What to do
Search the data below for the string "announcement". Extract every line that contains it.

(Stored data)
◇ ◇ ◇ ◇ ◇
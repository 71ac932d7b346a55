-- ===== src/Core/Tickets.antt =====
-- Requests that wait for a person: `ticket_for`, `_open_ticket`, `_turn_terminal` and the
-- resolution of a request by its vendor, in bridge/deskhelm_core/core.py.
use mathlib.Core.Bool.{not}
use deskhelm.Prelude.{
  ℕ, String, string_eq, Bool, true, false, ◌&&◌, List, [], ◌∷◌, Option, none, some, map, ltb,
  length, select, present, ◌==◌, if◌then◌else◌,
}
use deskhelm.Dict.{Dict, lookup, insert, remove, modify, values}
use deskhelm.Protocol.Session.{SessionKey, key_eq}
use deskhelm.Protocol.Request.{RequestKind, OpenRequest, Answers}
use deskhelm.Protocol.Shapes.{TurnStatus, Failure, ResolvedBy, Terminal}
use deskhelm.Core.Events.{Payload}
use deskhelm.Core.State.{Core, SessionRecord, Ticket}
use deskhelm.Core.Actions.{interaction, resolved, ended, new_id, counted, update}

find_ref : String → Dict String Ticket → Option Ticket
find_ref ref [] = none
find_ref ref ((id, t) ∷ ts) = if t.provider_ref == ref then some t else find_ref ref ts

unfoldable pub ticket_for : SessionRecord → String → Option Ticket
unfolding find_ref
ticket_for r ref = find_ref ref r.tickets

unfoldable pub new_ticket : String → OpenRequest → Ticket
new_ticket id request = record {
  approval_id = id;
  provider_ref = request.provider_ref;
  kind = request.kind;
  summary = request.summary;
  expires_at = request.expires_at;
  answerable = request.answerable;
  blocking = request.blocking;
  question_ids = map (λ q. q.id) request.questions;
  reserved = false;
  resolved_by = none;
}

unfoldable pub announcement : String → OpenRequest → Payload
announcement id request = elim request.kind [
  | RequestKind.approval ↦
      Payload.approval_request id request.summary request.expires_at request.detail
  | RequestKind.input ↦
      Payload.user_input_required id request.summary request.detail request.questions
        request.expires_at request.answerable request.blocking
]

unfoldable pub put_ticket : Ticket → SessionRecord → SessionRecord
put_ticket t r = record r { tickets = insert t.approval_id t r.tickets }

-- The two guards of `_open_ticket`.
unfoldable pub opens : Core → SessionRecord → OpenRequest → ℕ → Bool
opens c r request now =
    not (present (ticket_for r request.provider_ref))
    && (ltb (length r.tickets) c.limits.max_tickets && ltb now request.expires_at)

-- `_open_ticket` past its guards.
unfoldable pub add_ticket : SessionKey → OpenRequest → ℕ → Bool → Core → Core
unfolding new_ticket announcement put_ticket new_id counted update
add_ticket key request now announce c =
    let id = new_id "a" c in
    let added = update key (put_ticket (new_ticket id request)) (counted c) in
    if announce then interaction key (announcement id request) id now added else added

unfoldable pub open_ticket : SessionKey → OpenRequest → ℕ → Bool → Core → Core
unfolding opens add_ticket
open_ticket key request now announce c = elim (lookup key c.sessions) [
  | none ↦ c
  | some r ↦ if opens c r request now then add_ticket key request now announce c else c
]

-- `for request in requests: self._open_ticket(...)`
unfoldable pub open_tickets : SessionKey → List OpenRequest → ℕ → Core → Core
open_tickets key [] now c = c
open_tickets key (request ∷ rest) now c =
    open_tickets key rest now (open_ticket key request now true c)

unfoldable pub drop_ticket : String → SessionRecord → SessionRecord
drop_ticket id r = record r { tickets = remove id r.tickets }

-- `record.tickets.pop(id)` into `decided`.
unfoldable pub decide : Ticket → SessionRecord → SessionRecord
decide t r = record r {
  tickets = remove t.approval_id r.tickets;
  decided = insert t.approval_id t.expires_at r.decided;
}

unfoldable pub change_ticket : String → (Ticket → Ticket) → SessionRecord → SessionRecord
change_ticket id f r = record r { tickets = modify id f r.tickets }

-- The fact `request_resolved`, for the ticket it names.
unfoldable pub vendor_resolved : SessionKey → Ticket → ResolvedBy → Option Answers → ℕ → Core → Core
unfolding decide change_ticket update
vendor_resolved key t by answers now c =
    if t.reserved
    then update key (change_ticket t.approval_id (λ t. record t { resolved_by = some by })) c
    else resolved key t (record { by = by; decision = none; answers = answers; unknown = false })
        now (update key (decide t) c)

-- `for id in ids: self._resolved(record, record.tickets.pop(id), by, now)`, over the tickets.
unfoldable pub end_tickets : SessionKey → List Ticket → ResolvedBy → ℕ → Core → Core
unfolding drop_ticket update
end_tickets key [] by now c = c
end_tickets key (t ∷ ts) by now c =
    end_tickets key ts by now
      (resolved key t (ended by) now (update key (drop_ticket t.approval_id) c))

unfoldable pub failure_name : Failure → String
failure_name Failure.provider = "provider"
failure_name Failure.usage_limit = "usage_limit"
failure_name Failure.auth = "auth"
failure_name Failure.protocol = "protocol"
failure_name Failure.transport_lost = "transport_lost"
failure_name Failure.process_exit = "process_exit"
failure_name Failure.timeout = "timeout"

unfoldable pub error_code : TurnStatus → Option Failure → String
unfolding failure_name
error_code TurnStatus.interrupted failure = "interrupted"
error_code status none = "agent_failed"
error_code status (some failure) = failure_name failure

unfoldable pub terminal_payload : Terminal → Payload
unfolding error_code
terminal_payload t = elim t.status [
  | TurnStatus.completed ↦ Payload.task_completed t.message
  | TurnStatus.interrupted ↦
      Payload.task_failed t.message (error_code TurnStatus.interrupted t.failure)
  | TurnStatus.failed ↦ Payload.task_failed t.message (error_code TurnStatus.failed t.failure)
]

unfoldable pub end_turn : Terminal → SessionRecord → SessionRecord
end_turn t r = record r {
  last_outcome = some (record {
    status = t.status;
    failure = t.failure;
    reusable = t.reusable;
    turn_id = r.turn_id;
  });
  turn_id = none;
  turn_correlation = none;
  attention = false;
}

abbrev pub text_or_empty : Option String → String
text_or_empty none = ""
text_or_empty (some s) = s

-- `_turn_terminal`: requests that block the turn end with it, unless a decision is in flight.
unfoldable pub turn_terminal : SessionKey → SessionRecord → Terminal → ℕ → Core → Core
unfolding end_turn terminal_payload update
turn_terminal key r t now c =
    let ending = select (λ t. not t.reserved && t.blocking) (values r.tickets) in
    interaction key (terminal_payload t) (text_or_empty r.turn_correlation) now
      (end_tickets key ending ResolvedBy.cancelled now (update key (end_turn t) c))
◇ ◇ ◇ ◇ ◇
Result
unfoldable pub announcement : String → OpenRequest → Payload
announcement id request = elim request.kind [
unfolding new_ticket announcement put_ticket new_id counted update
    if announce then interaction key (announcement id request) id now added else added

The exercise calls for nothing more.